# Gun cleaning..



## olsonjar75 (Feb 19, 2010)

I wonder if this was one of those Outdoor bunker, over weight,wannabe military, felons?

"Fargo police say the accidental discharge of a rifle Monday night in a south Fargo apartment building is a reminder of why firearms shouldn't be cleaned inside apartments.

No one was hurt when the Bushmaster .223 discharged at about 10:30 p.m. at 4410 9th Ave. S., Sgt. Mark Lykken said.

The tenant, who was in the apartment with his brother, decided to clean the rifle and removed the magazine but failed to eject the chambered round, Lykken said, adding the rifle apparently had to be dry-fired as part of the cleaning process.

The discharged bullet flew down a hallway in the apartment, through a toilet and into a closet before becoming lodged in a Sheetrock wall, Lykken said.

The residents in the adjacent apartment were home at the time but were OK, he said.

The police report will be forwarded to the city attorney's office for review, and the rifle's owner could face a charge of discharging a firearm within city limits, Lykken said.

Cleaning a firearm in an apartment building "certainly creates a dangerous situation," he said.

"We train to always point your firearm in a safe direction, and there is no safe direction when you're in an apartment," he said. "It's better to clean your firearms in your garage.""


----------



## southdakbearfan (Oct 11, 2004)

Better to learn how to unload your rifle and be sure its unloaded prior to cleaning it.


----------



## blhunter3 (May 5, 2007)

First, why wouldn't you check then chamber before cleaning? Also being in an apartment, why is the gun loaded? I fully understand the right to protect yourself if a thug comes busting in, but honestly, with one shell really make that much of a difference?


----------



## olsonjar75 (Feb 19, 2010)

I've cleaned my shotgun in my apartment many many times before. i alway pump it 3-4 times and visually check to make sure its empty before i even bring it in and again before i clean it... this was just stupid... and he should be charged with alot more. and reall officer cleaning it in the garage where you can easily shoot ppl on the first floor anyway does it matter??


----------



## Savage260 (Oct 21, 2007)

I would wager a guess that it was one of those wanna be Rambo morons "playing" with his AR, pretending he is some super warfighter or pretending to shoot zombies with a fully loaded rifle. The "cleaning" part most likely only came in after the "oh sh#t, I just fired it!"


----------



## olsonjar75 (Feb 19, 2010)

Yah that sounds like one of those idiots at Outdoorbunker


----------



## huntin1 (Nov 14, 2003)

blhunter3 said:


> First, why wouldn't you check then chamber before cleaning? Also being in an apartment, why is the gun loaded? I fully understand the right to protect yourself if a thug comes busting in, but honestly, with one shell really make that much of a difference?

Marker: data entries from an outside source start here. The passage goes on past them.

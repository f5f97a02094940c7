-- ===== src/Feeds/MalwareBazaar.antt =====
-- The connector of MalwareBazaar (src/prow/connectors/malwarebazaar/connector.py).
use prow_cti.Feeds.AbuseCh.{
  comparison, date_under, extract_entries, family_objects, feed_indicator, first_chars, load_object,
  plain_relationship, read_body,
}
use prow_cti.Feeds.Fetch.{
  ContextCall, Feed, Fetched, HttpAnswer, build_objects, done, emit_call, feed_format_error, filled,
  or_raise, pydantic_error, runtime_error, set_state_call, ◌>>=◌,
}
use prow_cti.Json.{Fields, Json, bool, get, int}
use prow_cti.Prelude.{List, Option, String, [], if◌then◌else◌, none, some, ℕ, ◌*◌, ◌++◌, ◌+◌, ◌∷◌}
use prow_cti.Prelude.Dict.{Dict, insert}
use prow_cti.Prelude.Int.{pos, ℤ}
use prow_cti.Prelude.Text.{concat}
use prow_cti.Stix.Helpers.{StixLib, bundle, file_observable}
use prow_cti.Stix.Objects.{StixObject, file_object, indicator_object, relationship_object}

-- `_MALWAREBAZAAR_CONFIDENCE`
abbrev pub malwarebazaar_confidence : ℕ
malwarebazaar_confidence = 85

-- `int(file_size) if isinstance(file_size, int) else None`
abbrev pub size_of : Option Json → Option ℤ
size_of (some (int n)) = some n
size_of (some (bool b)) = some (if b then pos 1 else pos 0)
size_of _ = none

abbrev pub hash_if : String → Option String → Dict String → Dict String
hash_if algo none hashes = hashes
hash_if algo (some hash) hashes = insert algo hash hashes

module _ {Body : Type 0} (lib : StixLib) (source : Feed Body) where
  -- The hashes of an entry, from its SHA-256.
  abbrev pub hashes_of : String → Fields → Dict String
  hashes_of sha256 entry =
      hash_if "SHA-1" (filled source.strip (get entry "sha1_hash"))
        (hash_if "MD5" (filled source.strip (get entry "md5_hash")) (("SHA-256", sha256) ∷ []))

  -- `_objects_for_sample` on the entry at an index; the numbers only name the draws.
  unfoldable pub objects_for_sample : ℕ → Fields → Fetched (List StixObject)
  objects_for_sample i entry = do
    sha256 ← or_raise feed_format_error (filled source.strip (get entry "sha256_hash"))
    valid_from ← date_under source "first_seen" entry
    obs ← or_raise pydantic_error (
        file_observable lib (hashes_of sha256 entry) (filled source.strip (get entry "file_name"))
          (size_of (get entry "file_size")))
    ind ←
        feed_indicator lib (4 * i + 1)
          (concat "MalwareBazaar sample: " (concat (first_chars 16 sha256) "..."))
          (comparison "file:hashes.'SHA-256'" sha256) valid_from (pos malwarebazaar_confidence)
    rel ← plain_relationship lib (4 * i + 2) ind.common.id "based-on" obs.id
    family ← family_objects lib source.strip (4 * i + 3) ind (get entry "signature")
    done ((file_object obs ∷ indicator_object ind ∷ relationship_object rel ∷ []) ++ family)

  -- `fetch` once its feed was loaded, at the time `now`.
  unfoldable pub fetch_entries : Json → List Fields → Fetched (List ContextCall)
  fetch_entries now [] = done []
  fetch_entries now (e ∷ es) =
      build_objects objects_for_sample source.is_cancelled 0 (e ∷ es) >>= λ built. elim built [
        | none ↦ done []
        | some objects ↦ or_raise pydantic_error (bundle lib 0 objects) >>= λ b.
            done (emit_call b ∷ set_state_call "last_successful_fetch" now ∷ [])
      ]

  -- `fetch`: the client that `setup` made, which posts a query with a limit, and of the configuration
  -- `limit` and `api_url`.
  unfoldable pub fetch :
      Option (String → ℤ → HttpAnswer Body) → ℤ → String → Json → Fetched (List ContextCall)
  fetch client limit api_url now = do
    post ← or_raise runtime_error client
    body ← read_body source api_url (post api_url limit)
    feed ← load_object source body
    entries ← extract_entries source "data" feed
    fetch_entries now entries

Yeah, it can make that much of a difference, depending on your state of mind and reaction time in a self-defense situation. When the "thug" confronts you there is a tendency to just pull the trigger to protect yourself. In this stressful situation most people will forget that they do not have a round chambered, the gun goes click. If the "thug" then charges you, you will not have time, nor the presence of mind to load the chamber at this point.

While I don't leave my rifles with a round chambered, my pistols are all loaded, full magazines and one in the tube. This is not recommended if you have kids unless you have someplace to secure the pistol.

Of course, as always, your mileage may vary.

And anyone who fails to check a chamber before cleaning is too stupid to own a firearm, in my opinion.

huntin1


----------



## blhunter3 (May 5, 2007)

I see what your saying, but a rifle wouldn't be my first weapon of choice.


----------



## huntin1 (Nov 14, 2003)

Nor mine, but in some cases you can only afford one gun. And any gun is better than none. 

huntin1


----------



## olsonjar75 (Feb 19, 2010)

this gun probably wasn't used for home invasion purposes..



Savage260 said:


> I would wager a guess that it was one of those wanna be Rambo morons "playing" with his AR, pretending he is some super warfighter or pretending to shoot zombies with a fully loaded rifle. The "cleaning" part most likely only came in after the "oh sh#t, I just fired it!"


----------



## blhunter3 (May 5, 2007)

huntin1 said:


> Nor mine, but in some cases you can only afford one gun. And any gun is better than none.
> 
> huntin1


I spose you would do the right thing and talk things out with the thug until the cops got there to arrest him. :rollin:

I know, if you only have one gun its better then nothing, I only have shotguns, and only one is loaded, but the chamber is open so I can slip a shell in. If a thug is skeaky enough to break in without the alarm going off, then he deserves to steal something.


----------



## huntin1 (Nov 14, 2003)

blhunter3 said:


> huntin1 said:
> 
> 
> > Nor mine, but in some cases you can only afford one gun. And any gun is better than none.
> ...


Not exactly. :wink:

huntin1


----------



## Savage260 (Oct 21, 2007)

Oh, come on, Huntin1, you must know some verbal judo or some thing that could keep em busy until the "cops" arrive, don't you?


----------



## huntin1 (Nov 14, 2003)

Yeah, I would imagine I could use some "verbal judo" on em. Or just stick my 45 in their ear and handcuff em to the kitchen table. :lol:

huntin1


----------



## Savage260 (Oct 21, 2007)

Would that be classified as "auditory canal judo", or just plain old .45 in the ear? I can't hand cuff any one to my table, but it would be nice, the damn thing weighs about 300lbs!!!


----------



## huntin1 (Nov 14, 2003)

Actually, I think it may be classified as "non-verbal" persuasion..............or, a 45 in the ear.

Huntin1


----------